Robert Piguet (/fr/; 1898 – 1953) was a Swiss fashion designer who was highly influential in the development of haute couture. The House of Piguet in Paris ran from 1933 to 1951, during which time Piguet was known as "The Prince of Fashion".

==Early life and education==
Paul Jean Robert Piguet was born on May 6, 1898 in the Swiss resort town of Yverdon-les-Bains. He was the youngest of four sons of Armand Piguet and Elise Michaud. His was a strict Protestant family, and a wealthy one; his maternal grandfather owned a bank, which Armand and his brother took over and named Banque Piguet. Armand also owned the Banque d'Escompte et de Dépôt and was a member of the Swiss Federal Council. Robert, or "Bob", as he was called, was educated first at home, and then spent six years as a boarder at École nouvelle de la Suisse romande, in nearby Lausanne. He developed a passion for fabric and became interested in batik, He began making hand-painted scarves; by age 15, he was making blouses and, at age 18, he was able to host an exhibition at the Lausanne department store Bonnarde. His first job was sourcing fabric and designing shoes for the Swiss luxury fashion house Bally. When the war ended in 1918, he moved to Paris.

==Career==
With funding from his family, Piguet secured a place at 41 rue de la Montagne, an expensive location just vacated by Callot Soeurs. He was targeting the same market—the wives of financiers, politicians and industrialists, who were the same sort of people he had grown up with. He cultivated them by inviting them to "Salons d'art moderne" (Modern Art Salons), twice-weekly afternoon teas where he would sell hand-painted and batik garments. In 1920, he was able to present his first show, which was 30 designs against an Oriental backdrop. Some were highly unorthodox—a fur-trimmed white tulle lantern skirt over a lamé dress, or silver gauze culottes with feathers. Most were something women had not yet seen: impeccably tailored separates which allowed for both elegance and versatility. The show was a huge success. However, Piguet had not learned how to run a business and he was out of money. He was forced to close his atelier.
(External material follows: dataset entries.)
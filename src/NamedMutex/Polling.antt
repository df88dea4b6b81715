-- ===== src/NamedMutex/Polling.antt =====
-- NamedMutex::try_lock_until of named-mutex.cpp in its form for macOS, which polls. Times are counted in
-- nanoseconds, and the waits in milliseconds.
use rs_io.Base.{
  Bool, Bool-cases, List, Option, [], arith, false, if◌then◌else◌, inl, inr, leb, min, none, refl,
  some, true, ℕ, ◌*◌, ◌+◌, ◌-◌, ◌/◌, ◌<◌, ◌∷◌, ◌≡◌, ◌≤◌,
}

-- The constant `max_delta`, and the nanoseconds in a millisecond.
abbrev pub max_delta : ℕ
max_delta = 100

abbrev pub mega : ℕ
mega = 1_000_000

-- The loop, by the answers of `try_lock` and the readings of the clock in each round: the times at which it
-- sleeps and for how long, and what it returns; `none` means that it goes on.
unfoldable pub poll : ℕ → ℕ → List (Bool × ℕ) → List (ℕ × ℕ) × Option Bool
poll abs_time delta [] = ([], none)
poll abs_time delta ((locked, now) ∷ rounds) =
    let next = min (min (2 * delta) max_delta) ((abs_time - now) / mega) in
    let (sleeps, r) = poll abs_time next rounds in
    if locked
    then ([], some true)
    else if leb abs_time now
    then ([], some false)
    else ((now, delta) ∷ sleeps, r)

unfoldable pub try_lock_until : ℕ → List (Bool × ℕ) → List (ℕ × ℕ) × Option Bool
try_lock_until abs_time rounds = poll abs_time 1 rounds

-- The answer to look for: the lock is taken before or in the round in which the time is over.
abbrev pub answer : ℕ → List (Bool × ℕ) → Option Bool
answer abs_time [] = none
answer abs_time ((true, now) ∷ rounds) = some true
answer abs_time ((false, now) ∷ rounds) =
    if leb abs_time now then some false else answer abs_time rounds

-- Every sleep begins before the time is over and ends at most a tenth of a second later.
abbrev pub InTime : ℕ → List (ℕ × ℕ) → Type 0
InTime abs_time [] = Unit {0}
InTime abs_time ((now, delta) ∷ sleeps) =
    (now < abs_time) × (now + delta * mega < abs_time + max_delta * mega) × InTime abs_time sleeps

poll-InTime :
    (abs_time delta : ℕ) (rounds : List (Bool × ℕ))
    → delta ≤ max_delta
    → InTime abs_time (poll abs_time delta rounds).0
      × ((poll abs_time delta rounds).1 ≡ answer abs_time rounds)
unfolding poll
poll-InTime abs_time delta [] h = (tt, refl)
poll-InTime abs_time delta ((true, now) ∷ rounds) h = (tt, refl)
poll-InTime abs_time delta ((false, now) ∷ rounds) h = elim (Bool-cases (leb abs_time now)) [
  | inl over ↦ rw over (tt, refl)
  | inr left ↦
      let next = min (min (2 * delta) max_delta) ((abs_time - now) / mega) in
      let (t, r) = poll-InTime abs_time next rounds (omega arith) in
      rw (left, poll) ((ground arith, ground arith, t), r)
]

-- Polling answers as soon as the lock is taken or a round begins after the time is over, whatever the
-- clock shows, and every sleep begins before that time and ends at most a tenth of a second after it.
pub try_lock_until-InTime :
    (abs_time : ℕ) (rounds : List (Bool × ℕ))
    → InTime abs_time (try_lock_until abs_time rounds).0
      × ((try_lock_until abs_time rounds).1 ≡ answer abs_time rounds)
unfolding try_lock_until
try_lock_until-InTime abs_time rounds = poll-InTime abs_time 1 rounds (omega arith)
Piguet had been a sickly child and was plagued by ill health. Although he was only 22, he was suffering from exhaustion and spent some time resting in Italy and Africa before returning to Lausanne, where he designed costumes for local theatrical productions. Two years later, in 1922, he returned to Paris, this time with the offer of a job as an assistant to the couturier Paul Poiret. After a year there, and as Poiret's business neared collapse, he was hired by the British couture house Redfern. Redfern, which had long been dressing the British aristocracy, had become stuffy; Piguet infused youthful vitality into the house. He was mentored by Charles Poynter (Redfern), who ran the Paris branch. As Poynter's health declined, Piguet became more prominent; it was likely Piguet who created Redfern's "Casino" line, garments designed for women to wear at European resort casinos. When Poynter died in 1929, Piguet became the chief designer at Redfern Paris. In 1932, an American author writing on Paris fashion commented that he "would probably select Robert Piguet, the designer at Redfern's, as the ideal Parisian dressmaker." Also in 1932, Redfern closed its Paris branch.

Piguet was now ready to open his own house. He had received an inheritance when his father died in 1929, and his brother George arranged for an investment from the Clavel family. Robert's time at Redfern had taught him about the financial side of fashion but, this time, George managed the business. In 1933, Piguet launched his own fashion house on the Rue du Cirque. It was an immediate success. Piguet became the trend-setter and the arbiter of good taste. He dressed women in slim dresses with matching jackets, crisp coats and romantic gowns in brilliant colors. His clothes were known for refinement, precision and the quality of their fabric. His daywear was particularly popular and women flocked to his salon for his thin silk suits in pale shades with white at the neck and cuffs. Vogue declared him the "master of the little wool dress". He became known as "the most Parisian of fashion designers". His salon drew clients from all over the world, notably most of the ladies of the Egyptian royal court, including Queen Farida and Princess Fawzia. He was also popular with the actresses of the day, including Edwige Feuillère, Gabrielle Dorziat, and Edith Piaf—it was Piguet who designed Piaf's famous black dresses, or what she called her "work overalls". Later, while other New Look designers went with large flared skirts, Piguet's little black dresses remained the same: unadorned crêpe de Chine, straight-cut and understated.

In 1938, Piguet moved to a much larger space at 3, Rond-Point des Champs-Élysées, one of the most prestigious addresses in Paris, which had a private entrance on Avenue Montaigne. He was the first to come up with the idea of separate boutiques within a haute couture house. The walls of his show rooms were covered in his own hand-painted draperies. In one room, an entire wall was taken up by a painting by his close friend Christian Bérard; in another, the ceiling was done in a fresco by Étienne Drian. In each room, accessories were displayed in flower-sellers' carts. On the top floor was his own space; Piguet was naturally reclusive and often retreated from his staff, spending hours listening to Debussy and dictating instructions while lying down. He now employed 400 people, and was supervising other designers rather than designing anything himself. He maintained a philosophy of helping young designers whenever he could. He was the first to buy Pierre Balmain's sketches, gave James Galanos a three-month internship and employed, for up to two years each, Christian Dior, Hubert de Givenchy, Marc Bohan, Antonio Castillo, and Serge Guérin. It was Piguet who brought Dior into the world of haute couture, and Dior would later say: "Robert Piguet taught me that a garment is about fabric, colors, shapes, and the woman living inside it—and that fittings are what truly matter. He taught me the virtues of simplicity through which true elegance must come."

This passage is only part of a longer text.